There were instructions in the radio room for unskilled personnel, telling them how to send and auto-key signal with the emergency transmitter (when going off watch, the RO was supposed to leave the equipment tuned to 500 kcs, the distress frequency).

If the ship was abandoned, the station was supposed to be left with the Auto-Key operating the Emergency Transmitter which ran on battery power. That's why the emergency batteries were kept as high as possible, often on the monkey island.

In the case of abandoment, Marconi ROs were also expected to take the Radio Accounts with them!

John T.


----------



## Ron Stringer

*Oceanspan Variants*

Kris,

I must confess that I sailed with several Oceanspans, from I to VII but can no longer remember the differences. I do remember we did an Oceanspan VIIE emergency transmitter which ran from 24V dc. This was offered to the more discerning owner that was prepared to pay a little more to get a genuine, back-up, reserve transmitter rather than one of the 'Salvor' series of emergency transmitters to comply with the minumum regulatory requirements and provided only MF Morse and/or 2182 kHz telephony.

Always puzzled me how someone could send a multimillion pound asset away to sea, plus its valuable cargo and then rely on a single piece of equipment for all communications. Failure of a few radio components (not uncommon in tropical areas where lightning is very prevalent), value a few pence, could disable the lot. 

Then they would be shouting over the 'phone to the supplier insisting that it was essential that the equipment be fixed at the next port of call or the vessel would be delayed and cause them to incur crippling financial penalties. Never heard of forward and contingency planning?

Had the same view about owners that fitted a single radar.


----------



## K urgess

It could've been a Globespan modulator welded on! I wish I'd paid more attention at the time.
Up until about 1973 or 74 I only ever saw one radar per ship apart from tankers and they usually had a 3cm and a 10cm.
I know what you mean about the radio gear though, Ron.
Relying on a single main installation was ludicrous. My last trip, Big Geordie, was a real chewing gum and string job doing things to the "Crusader" that the manual said you should never do under any cir***stances. 
Didn't have any choice if I wanted to clear traffic.[=P]


----------



## lagerstedt

Once again thanks, great thread. If you keep it going I just might get my 1 or 2 class ticket to add to may amateur licence.
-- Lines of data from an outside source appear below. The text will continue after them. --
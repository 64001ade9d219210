-- ===== src/Batch/CsvRows.antt =====
-- What `ParseCSVBatch` of batch.go gives for a CSV file.
use gomsggw.Base.{
  ℕ, ◌+◌, List, [], ◌∷◌, ◌++◌, Option, none, some, Text, Eq_Text, ◌==◌, ==_iff, length,
  length-append, All, ◌≡◌, ◌≢◌, ◌≤◌, refl, subst, arith, Bool-cases, inl, inr,
}
use gomsggw.Batch.Messages.{BatchMessage}
use gomsggw.Batch.Csv.{
  CsvColumns, CsvResult, parsed, no_header, no_to_column, no_messages, bad_line, columns,
  no_columns, trimmed_or_empty, get_elem?, message_of_row, with_messages, parse_rows, parse_columns,
  refuse_empty, parse_csv_batch,
}

module _ (to_idx : ℕ) (cols : CsvColumns) where
  message_of_row-few :
      (fields : List Text)
      → (length (message_of_row to_idx cols fields) ≤ 1)
        × All (λ m. m.to ≢ []) (message_of_row to_idx cols fields)
  unfolding message_of_row
  message_of_row-few fields = elim (Bool-cases (trimmed_or_empty (get_elem? fields to_idx) == [])) [
    | inl empty ↦ rw empty (omega arith, tt)
    | inr given ↦ rw given (
      omega arith,
      ((λ e. ground (arith, ==_iff (trimmed_or_empty (get_elem? fields to_idx)) [], given, e)), tt),
    )
  ]

  All-join :
      (xs ys : List BatchMessage)
      → All (λ m. m.to ≢ []) xs
      → All (λ m. m.to ≢ []) ys
      → All (λ m. m.to ≢ []) (xs ++ ys)
  All-join [] ys h k = k
  All-join (x ∷ xs) ys h k = (h.0, All-join xs ys h.1 k)

  -- One message at most comes of a record, and every record was read.
  abbrev Rows : List (Option (List Text)) → List BatchMessage → Type 0
  Rows records messages =
      (length messages ≤ length records)
      × All (λ m. m.to ≢ []) messages
      × All (λ r. r ≢ none) records

  with_messages-parsed :
      (new : List BatchMessage) (r : CsvResult) (messages : List BatchMessage)
      → with_messages new r ≡ parsed messages
      → (others : List BatchMessage) × (r ≡ parsed others) × (new ++ others ≡ messages)
  with_messages-parsed new (parsed others) messages h = (others, refl, cc h)
  with_messages-parsed new no_header messages h = cc
  with_messages-parsed new no_to_column messages h = cc
  with_messages-parsed new no_messages messages h = cc
  with_messages-parsed new (bad_line n) messages h = cc

  parse_rows-Rows :
      (line : ℕ) (records : List (Option (List Text))) (messages : List BatchMessage)
      → parse_rows to_idx cols line records ≡ parsed messages
      → Rows records messages
  unfolding parse_rows
  parse_rows-Rows line [] messages h =
      let none_left : [] ≡ messages = cc h in
      subst (λ ms. Rows [] ms) none_left (omega arith, tt, tt)
  parse_rows-Rows line (none ∷ records) messages h = cc
  parse_rows-Rows line (some fields ∷ records) messages h =
      let (others, rest, joined) =
        with_messages-parsed (message_of_row to_idx cols fields)
          (parse_rows to_idx cols (line + 1) records) messages h in
      let (few, given, whole) = parse_rows-Rows (line + 1) records others rest in
      let (one, this) = message_of_row-few fields in
      subst (λ ms. Rows (some fields ∷ records) ms) joined
        (
          omega (arith, length-append (message_of_row to_idx cols fields) others, few, one),
          All-join (message_of_row to_idx cols fields) others this given,
          ((λ e. cc), whole),
        )

refuse_empty-parsed :
    (r : CsvResult) (messages : List BatchMessage)
    → refuse_empty r ≡ parsed messages
    → (r ≡ parsed messages) × (1 ≤ length messages)
refuse_empty-parsed (parsed []) messages h = cc
refuse_empty-parsed (parsed (m ∷ ms)) messages h = (h, ground (arith, h))
refuse_empty-parsed no_header messages h = cc
refuse_empty-parsed no_to_column messages h = cc
refuse_empty-parsed no_messages messages h = cc
refuse_empty-parsed (bad_line n) messages h = cc

parse_columns-Rows :
    (o : Option ℕ) (cols : CsvColumns) (records : List (Option (List Text)))
    (messages : List BatchMessage)
    → parse_columns o cols records ≡ parsed messages
    → (1 ≤ length messages)
      × (length messages ≤ length records)
      × All (λ m. m.to ≢ []) messages
      × All (λ r. r ≢ none) records
parse_columns-Rows none cols records messages h = cc
parse_columns-Rows (some i) cols records messages h =
    let (done, some_messages) = refuse_empty-parsed (parse_rows i cols 2 records) messages h in
    let (few, given, whole) = parse_rows-Rows i cols 2 records messages done in
    (some_messages, few, given, whole)

-- When `ParseCSVBatch` returns messages, there is at least one and at most one for each record of
-- the file, each has a destination, and no record was an error of the csv reader.
pub parse_csv_batch-parsed :
    (to_lower : Text → Text) (header : Option (List Text)) (records : List (Option (List Text)))
    {messages : List BatchMessage}
    → parse_csv_batch to_lower (record { header = header; records = records }) ≡ parsed messages
    → (1 ≤ length messages)
      × (length messages ≤ length records)
      × All (λ m. m.to ≢ []) messages
      × All (λ r. r ≢ none) records
unfolding parse_csv_batch
parse_csv_batch-parsed to_lower none records {messages} h = cc
parse_csv_batch-parsed to_lower (some header) records {messages} h =
    parse_columns-Rows (columns to_lower 0 header no_columns).to_idx
      (columns to_lower 0 header no_columns) records messages h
Talking about electronics what did they teach you - electron theory or conventional flow?

Regards
Blair
NZ


----------



## trotterdotpom

Blair, you needed a knowledge of Conventional Flow in order to understand basic electricity and such things as motor and generator theory, Fleming's Left and Right Hand Rules come to mind (particularly useful in Danny's Bar in Antwerp). Electron theory came into its own with valves, semi-conductors, etc. I have fond memories of flip-flopping multi-vibrators (also popular in Danny's Bar).

In answer to your question, it helped to be bi-polar.

John T.

PS I wonder what they learn now? Maxwell's corkscrew rule, while equally well loved in Danny's Bar, is a bit irrelevant when stuff enters one end of a tiny bit of plastic and other stuff exits it.


----------



## Ian

trotterdotpom said:


> ...(particularly useful in Danny's Bar in Antwerp)... (also popular in Danny's Bar)...
> ...equally well loved in Danny's Bar...
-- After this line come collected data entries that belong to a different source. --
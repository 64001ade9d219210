-- ===== src/Batch/Items.antt =====
-- What `processBatchJob` of batch.go does with one message. Requests of the client come between the steps of the goroutine:
-- before each look at a row, and again before what the goroutine then writes to it. The waits of
-- the throttle are part of the time that passes between the steps. `-` stops at 0, where the code
-- would count below.
use gomsggw.Base.{
  ℕ, ◌+◌, ◌-◌, ◌%◌, nat_eq, Bool, false, not, List, [], ◌∷◌, ◌++◌, Option, none, some, String, Text,
  Eq_String, Eq_Text, ◌==◌, if◌then◌else◌,
}
use gomsggw.Client.{Client}
use gomsggw.Message.{MsgQueueItem, sms_type}
use gomsggw.Numbers.{format_to_e164}
use gomsggw.Limits.Check.{LimitEnv, LimitCheckResult, check_message_limits}
use gomsggw.Batch.{
  BatchMessageItem, BatchState, sent, queued, failed, is_cancelled, find_row, update_row, interrupt,
}

-- What the environment gives: the client, what the limit queries see at a step, the time that
-- passes after a step, the UUID for the message at an index, and two texts for the user: that of a
-- refusal, and that for a number which `FormatToE164` refuses.
pub record BatchEnv : Type 1 where
  pub client : Client
  pub limits : ℕ → LimitEnv
  pub elapsed : ℕ → ℕ
  pub new_id : ℕ → String
  pub limit_message : LimitCheckResult → String
  pub e164_error : Text → String

-- A row that is not there has no status.
abbrev pub was_cancelled : Option BatchMessageItem → Bool
was_cancelled none = false
was_cancelled (some r) = is_cancelled r

abbrev pub refuses : Option LimitCheckResult → Bool
refuses none = false
refuses (some r) = not r.allowed

abbrev pub batch_item : BatchState → BatchMessageItem → MsgQueueItem
batch_item st item = record {
  to = item.to;
  from = st.job.from_number;
  received_timestamp = st.now;
  queued_timestamp = 0;
  type = sms_type;
  files = [];
  message = item.text;
  skip_number_check = false;
  log_id = item.id;
  source_carrier = "";
  source_ip = "";
  original_size_bytes = 0;
  delivery = none;
}

abbrev pub set_sent : ℕ → BatchMessageItem → BatchMessageItem
set_sent now r = record r { status = sent; sent_at = some now; error = ""; error_code = 0 }

abbrev pub set_failed : String → ℕ → BatchMessageItem → BatchMessageItem
set_failed err code r = record r { status = failed; error = err; error_code = code }

abbrev pub set_queued : String → ℕ → BatchMessageItem → BatchMessageItem
set_queued err now r = record r {
  status = queued;
  error = err;
  error_code = 429;
  queued_at = some now;
}

unfoldable pub send_batch_message : BatchMessageItem → BatchState → BatchState
unfolding update_row
send_batch_message item st = record st {
  client_msg_chan = st.client_msg_chan ++ (batch_item st item ∷ []);
  rows = update_row item.id (set_sent st.now) st.rows;
}

unfoldable pub fail_item : BatchMessageItem → String → BatchState → BatchState
unfolding update_row
fail_item item err st = record st {
  rows = update_row item.id (set_failed err 400) st.rows;
  job = record st.job { failed_count = st.job.failed_count + 1 };
}

unfoldable pub queue_item : BatchMessageItem → String → BatchState → BatchState
unfolding update_row
queue_item item err st = record st {
  rows = update_row item.id (set_queued err st.now) st.rows;
  job = record st.job { queued_count = st.job.queued_count + 1 };
}

unfoldable pub save_counts : BatchState → BatchState
save_counts st = record st {
  stored = record st.stored {
    sent_count = st.job.sent_count;
    failed_count = st.job.failed_count;
    queued_count = st.job.queued_count;
  };
}

-- Every 100 messages the progress is saved.
unfoldable pub checkpoint : BatchMessageItem → BatchState → BatchState
unfolding save_counts
checkpoint item st = if nat_eq ((item.index + 1) % 100) 0 then save_counts st else st

unfoldable pub send_first : BatchMessageItem → BatchState → BatchState
unfolding send_batch_message checkpoint
send_first item st =
    let next = send_batch_message item st in
    checkpoint item (record next { job = record next.job { sent_count = next.job.sent_count + 1 } })

-- A queued message that is sent at a retry.
unfoldable pub send_again : BatchMessageItem → BatchState → BatchState
unfolding send_batch_message
send_again item st =
    let next = send_batch_message item st in
    record next {
      job = record next.job {
        sent_count = next.job.sent_count + 1;
        queued_count = next.job.queued_count - 1;
      };
    }

module _ (env : BatchEnv) where
  unfoldable pub limit_result : BatchState → Option LimitCheckResult
  limit_result st =
      check_message_limits (env.limits st.tick) (some env.client) st.job.from_number "sms"
        "outbound"

  abbrev pub message_of : Option LimitCheckResult → String
  message_of none = ""
  message_of (some r) = env.limit_message r

  unfoldable pub later : BatchState → BatchState
  unfolding interrupt
  later st = interrupt env.elapsed st

  -- What the initial pass writes for a message that was not cancelled.
  unfoldable pub pass_write : BatchMessageItem → Option LimitCheckResult → BatchState → BatchState
  unfolding fail_item queue_item send_first format_to_e164
  pass_write item result st =
      if item.text == []
      then fail_item item "no message text (no per-message text and no template)" st
      else if not (format_to_e164 item.to).1
      then fail_item item (env.e164_error item.to) st
      else if refuses result
      then queue_item item (message_of result) st
      else send_first item st

  -- One message of the initial pass.
  unfoldable pub pass_item : BatchMessageItem → BatchState → BatchState
  unfolding later limit_result pass_write find_row
  pass_item item st =
      let now = later st in
      if was_cancelled (find_row item.id now.rows)
      then now
      else pass_write item (limit_result now) (later now)

  -- The initial pass.
  unfoldable pub pass_items : List BatchMessageItem → BatchState → BatchState
  unfolding pass_item
  pass_items [] st = st
  pass_items (item ∷ items) st = pass_items items (pass_item item st)

  -- One message of a round of the retry loop.
  unfoldable pub retry_item : BatchMessageItem → BatchState → BatchState
  unfolding later limit_result find_row send_again
  retry_item item st =
      let now = later st in
      if was_cancelled (find_row item.id now.rows)
      then record now { job = record now.job { queued_count = now.job.queued_count - 1 } }
      else if refuses (limit_result now)
      then now
      else send_again item (later now)

  unfoldable pub retry_items : List BatchMessageItem → BatchState → BatchState
  unfolding retry_item
  retry_items [] st = st
  retry_items (item ∷ items) st = retry_items items (retry_item item st)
Ah, now that brings back memories, last bus from the docks in the evening and first bus back at dawn, most of the intervening time spent in Danny's Bar and another equally salubrious establishment called the Texas Bar. I saw some strange things happen in there, I can tell you. If I remember correctly, Skipper (or Schipper?) Straat. I never went in there in my life and I never will again (as I say to my wife). (==D)


----------



## trotterdotpom

I forgot to mention, Danny's Bar - birthplace of the Trans-sister - was a sort of Tandy shop which also sold the famous Belgian beer Stan Artois (later to become known as "Stella").

Hope you're writing all this down, Blair, there will be a test later.

John T.


----------



## K urgess

Are we talking holes and electrons here? [=P]


----------



## Ian

Marconi Sahib said:


> Are we talking holes and electrons here? [=P]


It's all true I tell you, all true. Fond (?) memories of Gaston, the Parisian ballet dancer who took a shine to our lot and would entertain us by dancing in front of the juke-box..(EEK) You could spot Gaston immediately as apart from the punters he was the only one who wore men's clothing, albeit a very chic, haute-couture Italian suit (all the rage in the early sixties) and winkle-picker shoes.


----------



## trotterdotpom

After dancing in front of the juke box Gaston would have had a really resonant cavity.

John T.


----------



## Ian

Mmmmm... going back to radio theory, what's the length of a dipole cut for 156 mHz?


----------



## K urgess

Half wave dipole?
About a metre but then I wouldn't need to know that.
Just get a new one from Marconi stores. [=P]
But then most Marconi aerials were quarter wave because of the ease of matching to the cable (40 ohms to 50 ohms cable) which makes it about 50cms.


----------



## King Ratt

Try dividing 300 by the freq in Mhz and that gives the wave length in metres. so 300 div by 156 = 1.92 metres and the dipole will be half that again = 0.961 metres. No doubt slight adjustments needed for the characteristics of the feeders, end effects etc but that is too technical for me.
Hope this helps.


----------



## K urgess

Fifth one
Port Townsville/MGCV Port Line/Cunard
1 trip 25th September 1968 to 28th January 1969 
220 volts DC supply
Oceanspan VII DC Main Transmitter (with R/T)
A1 A2 M/F 
410, 425, 454, 468, 480, 500, 512 kc/s Power 0.1kW
IF RT 
2016, 2104, 2162, 2182, 2241, 2381, 2527, 2534, 2548, 2555, 2638, 2846 kc/s
A1 H/F 
4179, 4198, 4223, 
6268, 6297, 6334, 
8358, 8397, 8446, 
12537, 12595, 12669, 
16716, 16794, 16892, 
22230, 22325, 22387 kc/s.
Salvor Em.Tx.
Salvita II Lifeboat Tx.
Mercury & Electra Main Rxs.
Alert Em.Rx.
Lifeguard Auto Alarm
Lodestone D/F
Marconi Autokey
MimCo Tapedeck
Argonaut VHF
Marconi Raymarc 12 radar
Seagraph echo-sounder

The radar scanner was mounted on the forrard goal post at the break of the focsle. Very nerve wracking when it went wrong and you had to climb up in bad weather.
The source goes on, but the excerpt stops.